Exercise aim:
Transcribe the listing below only from the line with "-- A page holds" up to and including the line with "elim (Bool-cases (env.fails Call.list_mismatched))".

Data provided:

====

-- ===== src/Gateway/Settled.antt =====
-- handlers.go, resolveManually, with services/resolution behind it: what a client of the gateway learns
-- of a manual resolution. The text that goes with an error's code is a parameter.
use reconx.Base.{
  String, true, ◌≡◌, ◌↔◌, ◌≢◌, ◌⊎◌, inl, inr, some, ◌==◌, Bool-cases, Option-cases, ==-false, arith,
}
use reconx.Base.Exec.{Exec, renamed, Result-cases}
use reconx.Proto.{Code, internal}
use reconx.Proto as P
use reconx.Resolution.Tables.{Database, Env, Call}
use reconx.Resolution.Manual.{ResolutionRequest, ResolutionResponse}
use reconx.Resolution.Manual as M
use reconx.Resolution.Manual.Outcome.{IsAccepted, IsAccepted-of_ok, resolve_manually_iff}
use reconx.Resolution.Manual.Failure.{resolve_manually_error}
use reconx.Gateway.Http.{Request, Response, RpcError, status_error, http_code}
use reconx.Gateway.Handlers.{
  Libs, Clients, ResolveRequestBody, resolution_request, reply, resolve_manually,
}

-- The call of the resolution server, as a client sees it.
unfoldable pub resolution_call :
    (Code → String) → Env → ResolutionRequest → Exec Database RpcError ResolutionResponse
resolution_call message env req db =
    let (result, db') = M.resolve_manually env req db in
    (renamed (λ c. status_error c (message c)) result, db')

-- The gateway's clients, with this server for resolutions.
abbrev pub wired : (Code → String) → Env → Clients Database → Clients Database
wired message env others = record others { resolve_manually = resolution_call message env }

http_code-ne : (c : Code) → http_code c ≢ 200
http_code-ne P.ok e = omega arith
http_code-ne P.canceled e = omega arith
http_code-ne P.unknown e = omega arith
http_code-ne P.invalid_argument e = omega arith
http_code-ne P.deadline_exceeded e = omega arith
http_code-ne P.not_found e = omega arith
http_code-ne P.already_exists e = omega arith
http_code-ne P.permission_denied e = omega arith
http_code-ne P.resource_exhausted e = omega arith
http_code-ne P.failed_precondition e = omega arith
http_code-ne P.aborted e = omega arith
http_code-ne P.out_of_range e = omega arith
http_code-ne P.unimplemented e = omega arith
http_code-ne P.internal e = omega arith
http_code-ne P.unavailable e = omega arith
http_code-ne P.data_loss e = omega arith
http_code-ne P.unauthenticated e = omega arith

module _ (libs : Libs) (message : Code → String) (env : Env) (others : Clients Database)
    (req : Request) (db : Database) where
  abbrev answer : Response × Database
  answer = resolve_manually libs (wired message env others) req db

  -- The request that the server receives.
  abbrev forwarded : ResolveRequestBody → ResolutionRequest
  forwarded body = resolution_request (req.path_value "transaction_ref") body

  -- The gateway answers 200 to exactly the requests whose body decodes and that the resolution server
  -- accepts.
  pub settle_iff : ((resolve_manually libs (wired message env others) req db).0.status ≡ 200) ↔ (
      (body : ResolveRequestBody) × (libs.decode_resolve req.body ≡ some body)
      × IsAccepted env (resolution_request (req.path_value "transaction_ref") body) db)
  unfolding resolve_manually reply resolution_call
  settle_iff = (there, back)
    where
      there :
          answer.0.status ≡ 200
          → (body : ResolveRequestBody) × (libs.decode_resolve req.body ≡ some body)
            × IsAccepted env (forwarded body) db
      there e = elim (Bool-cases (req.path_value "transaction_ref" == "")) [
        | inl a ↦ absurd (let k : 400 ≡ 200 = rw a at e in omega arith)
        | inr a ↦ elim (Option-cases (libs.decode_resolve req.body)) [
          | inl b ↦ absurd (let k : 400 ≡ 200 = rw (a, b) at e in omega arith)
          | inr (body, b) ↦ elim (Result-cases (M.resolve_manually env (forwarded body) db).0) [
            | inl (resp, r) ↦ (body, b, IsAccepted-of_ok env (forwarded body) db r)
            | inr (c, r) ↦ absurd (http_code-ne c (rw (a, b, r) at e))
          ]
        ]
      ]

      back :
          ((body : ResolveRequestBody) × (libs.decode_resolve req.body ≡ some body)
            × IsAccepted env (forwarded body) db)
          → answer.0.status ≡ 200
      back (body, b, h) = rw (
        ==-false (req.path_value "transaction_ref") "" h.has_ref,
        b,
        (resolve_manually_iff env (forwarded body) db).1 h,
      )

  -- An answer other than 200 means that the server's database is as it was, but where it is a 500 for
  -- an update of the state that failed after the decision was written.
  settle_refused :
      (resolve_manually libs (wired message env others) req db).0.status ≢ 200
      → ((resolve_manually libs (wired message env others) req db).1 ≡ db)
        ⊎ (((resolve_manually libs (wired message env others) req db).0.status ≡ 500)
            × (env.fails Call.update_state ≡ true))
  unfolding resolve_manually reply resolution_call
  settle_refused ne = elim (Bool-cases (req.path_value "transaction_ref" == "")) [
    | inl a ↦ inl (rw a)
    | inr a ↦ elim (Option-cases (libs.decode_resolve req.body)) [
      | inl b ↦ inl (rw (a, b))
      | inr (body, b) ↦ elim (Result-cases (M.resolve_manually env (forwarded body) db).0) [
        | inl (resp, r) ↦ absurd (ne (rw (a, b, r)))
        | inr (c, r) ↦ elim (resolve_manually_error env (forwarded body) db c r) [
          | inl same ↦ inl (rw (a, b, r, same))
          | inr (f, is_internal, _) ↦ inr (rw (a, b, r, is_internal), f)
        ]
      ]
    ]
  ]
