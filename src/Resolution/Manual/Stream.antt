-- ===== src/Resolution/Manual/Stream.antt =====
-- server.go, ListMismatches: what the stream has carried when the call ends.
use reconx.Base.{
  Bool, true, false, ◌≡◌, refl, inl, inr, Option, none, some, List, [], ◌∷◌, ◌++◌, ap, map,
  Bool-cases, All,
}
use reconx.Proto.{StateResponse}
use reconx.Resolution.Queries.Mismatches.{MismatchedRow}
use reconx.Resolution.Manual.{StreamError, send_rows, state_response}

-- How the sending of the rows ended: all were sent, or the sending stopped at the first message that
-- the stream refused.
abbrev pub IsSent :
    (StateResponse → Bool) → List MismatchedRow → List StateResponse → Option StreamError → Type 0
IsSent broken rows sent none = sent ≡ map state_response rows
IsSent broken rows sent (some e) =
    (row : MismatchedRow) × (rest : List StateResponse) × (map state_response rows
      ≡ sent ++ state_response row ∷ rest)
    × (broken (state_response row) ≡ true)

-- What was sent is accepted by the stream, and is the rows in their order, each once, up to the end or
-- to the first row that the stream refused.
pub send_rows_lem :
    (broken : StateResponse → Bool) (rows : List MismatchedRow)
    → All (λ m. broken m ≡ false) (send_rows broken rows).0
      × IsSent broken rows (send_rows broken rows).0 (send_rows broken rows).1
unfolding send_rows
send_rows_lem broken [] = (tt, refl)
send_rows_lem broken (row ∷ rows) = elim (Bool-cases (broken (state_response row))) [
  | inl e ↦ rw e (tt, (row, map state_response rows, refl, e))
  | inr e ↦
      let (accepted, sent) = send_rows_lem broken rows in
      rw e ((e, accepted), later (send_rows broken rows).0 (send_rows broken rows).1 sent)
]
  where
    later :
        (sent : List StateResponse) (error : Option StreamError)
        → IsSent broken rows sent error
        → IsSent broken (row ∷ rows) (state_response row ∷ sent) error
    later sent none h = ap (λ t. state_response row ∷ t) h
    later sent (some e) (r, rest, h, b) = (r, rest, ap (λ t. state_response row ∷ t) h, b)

====

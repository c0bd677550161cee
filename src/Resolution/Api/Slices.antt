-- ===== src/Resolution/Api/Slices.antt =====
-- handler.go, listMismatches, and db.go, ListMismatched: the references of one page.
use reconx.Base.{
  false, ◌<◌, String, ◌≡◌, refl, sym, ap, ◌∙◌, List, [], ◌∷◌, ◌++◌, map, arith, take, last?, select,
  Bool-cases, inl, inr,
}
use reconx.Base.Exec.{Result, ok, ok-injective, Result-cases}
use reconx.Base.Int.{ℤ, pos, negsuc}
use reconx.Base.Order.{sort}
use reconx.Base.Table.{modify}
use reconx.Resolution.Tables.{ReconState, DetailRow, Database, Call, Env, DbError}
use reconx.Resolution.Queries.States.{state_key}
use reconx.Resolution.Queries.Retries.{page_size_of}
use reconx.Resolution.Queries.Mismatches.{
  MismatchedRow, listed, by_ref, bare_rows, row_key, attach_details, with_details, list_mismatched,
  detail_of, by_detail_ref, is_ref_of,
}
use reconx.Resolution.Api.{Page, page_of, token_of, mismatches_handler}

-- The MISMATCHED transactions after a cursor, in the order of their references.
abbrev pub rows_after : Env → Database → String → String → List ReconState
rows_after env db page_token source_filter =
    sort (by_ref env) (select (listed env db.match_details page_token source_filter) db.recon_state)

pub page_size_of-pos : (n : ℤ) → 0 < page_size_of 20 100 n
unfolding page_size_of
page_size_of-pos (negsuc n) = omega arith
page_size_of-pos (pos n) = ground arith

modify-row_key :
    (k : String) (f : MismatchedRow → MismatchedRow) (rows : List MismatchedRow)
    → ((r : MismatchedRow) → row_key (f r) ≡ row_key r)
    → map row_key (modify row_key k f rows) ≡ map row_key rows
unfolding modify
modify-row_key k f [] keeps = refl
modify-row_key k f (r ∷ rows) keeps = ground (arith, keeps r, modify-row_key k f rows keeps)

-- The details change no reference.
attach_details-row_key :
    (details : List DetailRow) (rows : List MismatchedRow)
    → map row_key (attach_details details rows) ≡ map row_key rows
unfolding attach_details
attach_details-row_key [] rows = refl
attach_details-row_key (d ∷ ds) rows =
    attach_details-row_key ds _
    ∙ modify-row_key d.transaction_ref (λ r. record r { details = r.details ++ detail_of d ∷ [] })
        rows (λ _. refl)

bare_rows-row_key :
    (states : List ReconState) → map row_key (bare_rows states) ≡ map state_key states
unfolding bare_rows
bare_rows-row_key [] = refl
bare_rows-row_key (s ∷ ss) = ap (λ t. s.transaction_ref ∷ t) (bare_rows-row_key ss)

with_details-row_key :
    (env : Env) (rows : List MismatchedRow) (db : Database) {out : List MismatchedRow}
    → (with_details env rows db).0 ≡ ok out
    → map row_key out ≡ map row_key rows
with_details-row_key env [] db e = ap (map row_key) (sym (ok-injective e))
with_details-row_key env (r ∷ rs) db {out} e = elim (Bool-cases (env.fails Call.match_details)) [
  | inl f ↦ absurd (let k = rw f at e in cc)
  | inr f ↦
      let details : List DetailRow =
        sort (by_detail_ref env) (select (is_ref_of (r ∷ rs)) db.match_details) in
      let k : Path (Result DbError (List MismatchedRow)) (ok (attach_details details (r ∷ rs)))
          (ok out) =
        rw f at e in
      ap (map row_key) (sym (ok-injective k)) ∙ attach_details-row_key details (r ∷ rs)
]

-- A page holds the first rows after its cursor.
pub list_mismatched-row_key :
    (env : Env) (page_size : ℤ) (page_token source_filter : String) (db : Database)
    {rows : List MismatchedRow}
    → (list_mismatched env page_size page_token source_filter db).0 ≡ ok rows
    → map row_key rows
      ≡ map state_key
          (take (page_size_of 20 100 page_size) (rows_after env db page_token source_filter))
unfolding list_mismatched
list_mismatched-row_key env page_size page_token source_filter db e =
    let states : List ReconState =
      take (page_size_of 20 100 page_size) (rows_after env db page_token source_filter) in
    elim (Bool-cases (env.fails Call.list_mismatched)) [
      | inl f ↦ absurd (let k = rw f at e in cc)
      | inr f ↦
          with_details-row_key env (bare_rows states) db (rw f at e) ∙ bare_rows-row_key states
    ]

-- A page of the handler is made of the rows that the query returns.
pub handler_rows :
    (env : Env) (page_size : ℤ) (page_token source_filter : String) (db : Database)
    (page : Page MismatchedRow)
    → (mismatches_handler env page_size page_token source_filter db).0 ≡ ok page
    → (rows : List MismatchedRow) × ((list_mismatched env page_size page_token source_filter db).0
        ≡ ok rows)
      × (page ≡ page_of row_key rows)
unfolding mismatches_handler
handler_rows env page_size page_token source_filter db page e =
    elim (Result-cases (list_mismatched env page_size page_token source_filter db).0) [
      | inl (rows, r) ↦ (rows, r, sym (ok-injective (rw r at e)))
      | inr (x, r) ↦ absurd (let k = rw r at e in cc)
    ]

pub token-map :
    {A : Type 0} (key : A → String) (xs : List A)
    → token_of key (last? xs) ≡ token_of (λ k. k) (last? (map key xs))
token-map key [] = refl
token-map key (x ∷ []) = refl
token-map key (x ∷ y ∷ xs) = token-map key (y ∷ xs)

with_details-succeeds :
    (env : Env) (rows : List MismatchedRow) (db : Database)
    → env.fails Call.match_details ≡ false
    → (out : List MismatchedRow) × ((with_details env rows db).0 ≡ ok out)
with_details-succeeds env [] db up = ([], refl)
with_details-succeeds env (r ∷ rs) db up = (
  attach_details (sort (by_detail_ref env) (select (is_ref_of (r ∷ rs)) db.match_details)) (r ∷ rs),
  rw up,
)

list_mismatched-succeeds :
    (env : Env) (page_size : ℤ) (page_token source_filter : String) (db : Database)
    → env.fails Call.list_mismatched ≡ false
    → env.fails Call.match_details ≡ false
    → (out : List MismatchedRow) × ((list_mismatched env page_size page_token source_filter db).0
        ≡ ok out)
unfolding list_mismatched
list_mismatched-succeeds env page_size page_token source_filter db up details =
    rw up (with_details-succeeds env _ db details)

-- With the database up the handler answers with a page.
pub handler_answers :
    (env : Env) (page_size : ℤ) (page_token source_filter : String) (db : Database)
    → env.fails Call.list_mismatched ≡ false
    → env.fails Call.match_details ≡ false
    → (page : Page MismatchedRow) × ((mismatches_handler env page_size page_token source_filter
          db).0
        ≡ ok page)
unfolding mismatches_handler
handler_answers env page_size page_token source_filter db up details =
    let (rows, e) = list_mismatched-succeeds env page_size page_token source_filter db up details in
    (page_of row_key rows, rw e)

====

Written answer:
-- A page holds the first rows after its cursor.
pub list_mismatched-row_key :
    (env : Env) (page_size : ℤ) (page_token source_filter : String) (db : Database)
    {rows : List MismatchedRow}
    → (list_mismatched env page_size page_token source_filter db).0 ≡ ok rows
    → map row_key rows
      ≡ map state_key
          (take (page_size_of 20 100 page_size) (rows_after env db page_token source_filter))
unfolding list_mismatched
list_mismatched-row_key env page_size page_token source_filter db e =
    let states : List ReconState =
      take (page_size_of 20 100 page_size) (rows_after env db page_token source_filter) in
    elim (Bool-cases (env.fails Call.list_mismatched)) [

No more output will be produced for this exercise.